The role of surface roughness on the electrical behavior of flexible and stretchable screen-printed silver ink on Kapton substrate

Abstract

Changes in the morphology and profile of the printed electronic traces affect the radio frequency (RF) performance, especially when compared to the simulated designs, which are primarily rectangular and smooth. The shape and morphology of the printed traces depend on the printing system, a combination of ink and substrate properties, and the printed technology used for fabrication. This paper investigates the significance of printing parameters like roughness, height, width, and profile shape on the RF performance of screen-printed traces statistically. This paper also derives a model based on actual profile shape and roughness measurements from incorporating these effects into the simulations. From the statistical study, we found that the role of surface roughness becomes more significant as the frequency increases. Thus, modeling surface roughness in flexible hybrid electronics simulations is fundamental for accurate results. Different simulated profile shapes also showed their effect on the RF performance, when combined with roughness, showed better correlation with experimental data.
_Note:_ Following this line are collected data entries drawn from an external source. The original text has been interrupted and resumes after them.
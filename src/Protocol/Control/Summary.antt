-- ===== src/Protocol/Control/Summary.antt =====
-- Which summaries of a streamed transfer are accepted, described without the validators.
use p2p_transmission.Prelude.{
  ℕ, ◌≤◌, ◌<◌, ◌≡◌, ◌↔◌, not, ◌==◌, ◌||◌, ltb, List, All, length, arith, ok, reject_if, >>=-eq-ok,
}
use p2p_transmission.Prelude.Text.{Text, text}
use p2p_transmission.Protocol.Limits.{max_transfer_bytes, max_files_per_manifest, validate_token}
use p2p_transmission.Protocol.Version.{ProtocolVersion, current_protocol}
use p2p_transmission.Protocol.Control.{
  FileDigest, stream_complete, no_files, validate_digest, validate_unique_files,
  validate_stream_complete, validate_body, validate_message,
}
use p2p_transmission.Protocol.Control.Files.{
  reject_if-ok, validate_unique_files_iff, total_size, IsDistinct,
}
use p2p_transmission.Protocol.Control.Fields.{
  IsToken, IsBlake3, validate_token_iff, validate_blake3_iff,
}
use p2p_transmission.Protocol.Control.Accepted.{All-iff, validate_message_iff}

pub record IsDigest (digest : FileDigest) : Type 0 where
  pub id : IsToken digest.file_id
  pub fits : digest.size_bytes ≤ max_transfer_bytes
  pub hash : IsBlake3 digest.blake3

validate_digest_iff : (digest : FileDigest) → (validate_digest digest ≡ ok tt) ↔ IsDigest digest
unfolding validate_digest
validate_digest_iff digest = (
  λ h.
      let (_, t, h₁) = >>=-eq-ok (validate_token digest.file_id _) _ h in
      let (_, s, b) = >>=-eq-ok (reject_if (ltb max_transfer_bytes digest.size_bytes) _) _ h₁ in
      let bounded = reject_if-ok (ltb max_transfer_bytes digest.size_bytes) _ s in
      record {
        id = (validate_token_iff digest.file_id _).0 t;
        fits = ground (arith, bounded);
        hash = (validate_blake3_iff digest.blake3 _).0 b;
      },
  λ d.
      rw ((validate_token_iff digest.file_id (text "file_id")).1 d.id)
        (ground (arith, d.fits, (validate_blake3_iff digest.blake3 (text "blake3")).1 d.hash)),
)

abbrev digest_id : FileDigest → Text
digest_id digest = digest.file_id

abbrev digest_size : FileDigest → ℕ
digest_size digest = digest.size_bytes

-- 1 to 10 valid digests with distinct ids, whose sizes add up to the announced total.
pub record IsSummary (total_bytes : ℕ) (files : List FileDigest) : Type 0 where
  pub some_files : 0 < length files
  pub few_files : length files ≤ max_files_per_manifest
  pub each_digest : All IsDigest files
  pub distinct : IsDistinct digest_id files
  pub sum : total_size digest_size files ≡ total_bytes
  pub within_transfer : total_bytes ≤ max_transfer_bytes

validate_stream_complete_iff :
    (total_bytes : ℕ) (files : List FileDigest)
    → (validate_stream_complete total_bytes files ≡ ok tt) ↔ IsSummary total_bytes files
unfolding validate_stream_complete
validate_stream_complete_iff total_bytes files = (
  λ h.
      let (_, n, h₁) = >>=-eq-ok (reject_if (no_files files) _) _ h in
      let (actual, u, h₂) =
        >>=-eq-ok (validate_unique_files files digest_id digest_size validate_digest) _ h₁ in
      let (few, a) =
        (validate_unique_files_iff digest_id digest_size validate_digest actual files).0 u in
      let counted = reject_if-ok (no_files files) _ n in
      let announced =
        reject_if-ok (not (actual == total_bytes) || ltb max_transfer_bytes total_bytes) _ h₂ in
      record {
        some_files = ground (arith, counted);
        few_files = few;
        each_digest = (All-iff validate_digest_iff files).0 a.each_valid;
        distinct = a.distinct;
        sum = ground (arith, a.sum, announced);
        within_transfer = ground (arith, announced);
      },
  λ s.
      let files_sum =
        (validate_unique_files_iff digest_id digest_size validate_digest total_bytes files).1 (
          s.few_files,
          record {
            each_valid = (All-iff validate_digest_iff files).1 s.each_digest;
            distinct = s.distinct;
            sum = s.sum;
            fits = omega (arith, s.within_transfer);
          },
        ) in
      ground (arith, s.some_files, s.within_transfer, files_sum),
)

-- The summary of a streamed transfer is accepted exactly if it is addressed to this version with a
-- token and lists 1 to 10 valid digests with distinct ids, whose sizes add up to the announced total,
-- which is within the largest transfer.
pub stream_complete-IsSummary :
    (v : ProtocolVersion) (id : Text) (total_bytes : ℕ) (files : List FileDigest)
    → (validate_message
          (record { version = v; transfer_id = id; body = stream_complete total_bytes files })
        ≡ ok tt)
      ↔ (((v ≡ current_protocol) × IsToken id) × IsSummary total_bytes files)
unfolding validate_body
stream_complete-IsSummary v id total_bytes files =
    let envelope =
      validate_message_iff
        (record { version = v; transfer_id = id; body = stream_complete total_bytes files }) in
    (
      λ h. ((envelope.0 h).0, (validate_stream_complete_iff total_bytes files).0 (envelope.0 h).1),
      λ (e, s). envelope.1 (e, (validate_stream_complete_iff total_bytes files).1 s),
    )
Our proposed model combines the modified Morgan and Hammerstad equation with the compound conductor model. Our proposed model uniquely integrates the modified Morgan and Hammerstad equation with the compound conductor model, leveraging a comprehensive approach focused on the quality and uniformity of printed electronics trace. This integration is aimed at constructing a model that is firmly grounded in actual roughness data, resulting in a solution that is both straightforward to implement and exceptionally accurate in its outcomes. The model agreed well with experimental measurement data over 7 GHz–40 GHz with a root-mean-square error average of 5.7%.